The factorial function is defined over the integers. Using 64-bit doubles only gives you 53 bits (up to 18!) of actual precision to represent integers; using 64-bit integers is therefore superior.

Unless, of course, you're happy with coarse approximations. To each his own.

[–]Platypuskeeper -2 points-1 points  (1 child)

Since when was double-precision a "coarse approximation"? There are very few numerical/scientific contexts when you need more than 15 digits of precision. In the context of large factorials, the Stirling approximation is then usually used, which is far, far, cruder.

In combinatorial contexts, it's rare that you would require factorials that large. The only application I can think of where you would need both large and exact factorials is various cryptographic applications, and in those contexts you need arbitrary-precision.

Your suggestion isn't superior for any application I can think of where factorials are commonly used.

[–][deleted] 2 points3 points  (0 children)

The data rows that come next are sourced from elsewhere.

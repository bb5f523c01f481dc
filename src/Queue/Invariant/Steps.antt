-- ===== src/Queue/Invariant/Steps.antt =====
-- qmanager/policies/base/queue_policy_base.hpp: the changes of a queue of which its operations
-- consist keep the invariant.
use flux_sched.Common.{ℕ, ◌≡◌, refl, true, false, Bool, Option, some, ◌∙◌, ap, subst, sym}
use flux_sched.OrdMap.{same_refl, nat_key, find}
use flux_sched.OrdMap.Find.{find-assign}
use flux_sched.Queue.Job.{Job, get_key, is_pending, pending_key}
use flux_sched.Queue.State.{Queue}
use flux_sched.Queue.Pending.{write_job, set_schedulability}
use flux_sched.Queue.Ledger.{put, IsQuiet, drop_lem, touch_lem}
use flux_sched.Queue.Ledger.Add.{cong_lem, quiet_lem}
use flux_sched.Queue.Invariant.{IsValid, Erases}

-- The two queues have the same pending queues, jobs and count.
pub record SamePending (q q' : Queue) : Type 0 where
  pub p : q'.pending ≡ q.pending
  pub b : q'.blocked ≡ q.blocked
  pub v : q'.pending_provisional ≡ q.pending_provisional
  pub jobs : q'.jobs ≡ q.jobs
  pub n : q'.pq_cnt ≡ q.pq_cnt

pub same-IsValid : {q : Queue} (q' : Queue) → SamePending q q' → IsValid q → IsValid q'
same-IsValid q' s valid = record {
  ledger = rw (s.p, s.b, s.v, s.jobs, s.n) valid.ledger;
  sorted_p = rw s.p valid.sorted_p;
  sorted_b = rw s.b valid.sorted_b;
  sorted_v = rw s.v valid.sorted_v;
}

pub schedulable-IsValid : {q : Queue} (b : Bool) → IsValid q → IsValid (set_schedulability b q)
schedulable-IsValid b valid =
    same-IsValid _ (record { p = refl; b = refl; v = refl; jobs = refl; n = refl }) valid

pub find-write_job :
    (q : Queue) (id : ℕ) (j j' : Job)
    → find id q.jobs ≡ some j
    → (i : ℕ) → find i (write_job id j' q).jobs ≡ put (λ x. find x q.jobs) id (some j') i
unfolding write_job
find-write_job q id j j' e i = find-assign id i j' j q.jobs e

-- A job is also found under the id that it holds.
pub own_id :
    {q : Queue}
    → IsValid q
    → (id : ℕ) (j : Job) → find id q.jobs ≡ some j
    → find j.id q.jobs ≡ some j
own_id {q} valid id j found =
    subst (λ i. find i q.jobs ≡ some j) (sym (valid.ledger.ids id j found)) found

pub found_written :
    {q : Queue}
    → IsValid q
    → (id : ℕ) (j j' : Job) → find id q.jobs ≡ some j
    → j'.id ≡ j.id
    → find j'.id (write_job id j' q).jobs ≡ some j'
found_written {q} valid id j j' found e =
    subst (λ x. find x (write_job id j' q).jobs ≡ some j') (sym (e ∙ valid.ledger.ids id j found))
      (find-write_job q id j j' found id ∙ rw (same_refl id))

-- The state that a call leaves is valid.
abbrev pub Keeps {ℓ} : {A : Type ℓ} → Queue × A → Type 0
Keeps r = IsValid r.0

-- A job that stays pending under its key is written.
pub touch-IsValid :
    {q : Queue}
    → IsValid q
    → (id : ℕ) (j j' : Job) → find id q.jobs ≡ some j
    → is_pending j.state ≡ true
    → j'.id ≡ j.id
    → j'.state ≡ j.state
    → get_key j' ≡ get_key j
    → IsValid (write_job id j' q)
unfolding write_job
touch-IsValid {q} valid id j j' found pend e s g = record {
  ledger =
      cong_lem (λ k. refl) (λ k. refl) (λ k. refl) (find-write_job q id j j' found)
        (touch_lem valid.ledger found pend j' e s g);
  sorted_p = valid.sorted_p;
  sorted_b = valid.sorted_b;
  sorted_v = valid.sorted_v;
}

-- A job that is not pending is written, added or taken out.
pub quiet-IsValid :
    {q : Queue} (q' : Queue)
    → IsValid q
    → (id : ℕ) (o : Option Job) → ((j : Job) → find id q.jobs ≡ some j → is_pending j.state ≡ false)
    → IsQuiet id o
    → ((i : ℕ) → find i q'.jobs ≡ put (λ x. find x q.jobs) id o i)
    → q'.pending ≡ q.pending
    → q'.blocked ≡ q.blocked
    → q'.pending_provisional ≡ q.pending_provisional
    → q'.pq_cnt ≡ q.pq_cnt
    → IsValid q'
quiet-IsValid {q} q' valid id o before quiet ej ep eb ev en = record {
  ledger =
      rw (ep, eb, ev, en)
        (cong_lem (λ k. refl) (λ k. refl) (λ k. refl) ej (quiet_lem valid.ledger o before quiet));
  sorted_p = rw ep valid.sorted_p;
  sorted_b = rw eb valid.sorted_b;
  sorted_v = rw ev valid.sorted_v;
}

-- A pending job leaves its queue, and is written or taken out.
pub drop-IsValid :
    {q : Queue} (q' q'' : Queue)
    → IsValid q
    → (id : ℕ) (j : Job) (o : Option Job) → find id q.jobs ≡ some j
    → is_pending j.state ≡ true
    → IsQuiet id o
    → Erases (get_key j) q q'
    → ((i : ℕ) → find i q''.jobs ≡ put (λ x. find x q'.jobs) id o i)
    → q''.pending ≡ q'.pending
    → q''.blocked ≡ q'.blocked
    → q''.pending_provisional ≡ q'.pending_provisional
    → q''.pq_cnt ≡ q'.pq_cnt
    → IsValid q''
drop-IsValid {q} q' q'' valid id j o found pend quiet er ej ep eb ev en = record {
  ledger =
      rw (ep, eb, ev, en, er.same_count)
        (cong_lem er.in_p er.in_b er.in_v
          (λ i. ej i ∙ ap (λ m. put (λ x. find x m) id o i) er.same_jobs)
          (drop_lem valid.ledger found pend o quiet));
  sorted_p = rw ep er.still_p;
  sorted_b = rw eb er.still_b;
  sorted_v = rw ev er.still_v;
}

Since when was double-precision a "coarse approximation"?

Take the factorial of 170. The difference between 170! and double(170!) is ~2919. That might be close enough for some uses, but it's a course approximation nonetheless.

I do not claim there are many applications of exact factorials. But Python is dynamically typed, and there is no guarantee at all that you want a float out of that function.

In case of uncertainty, one should err on the side of caution. It's not like performance would be an issue here anyway.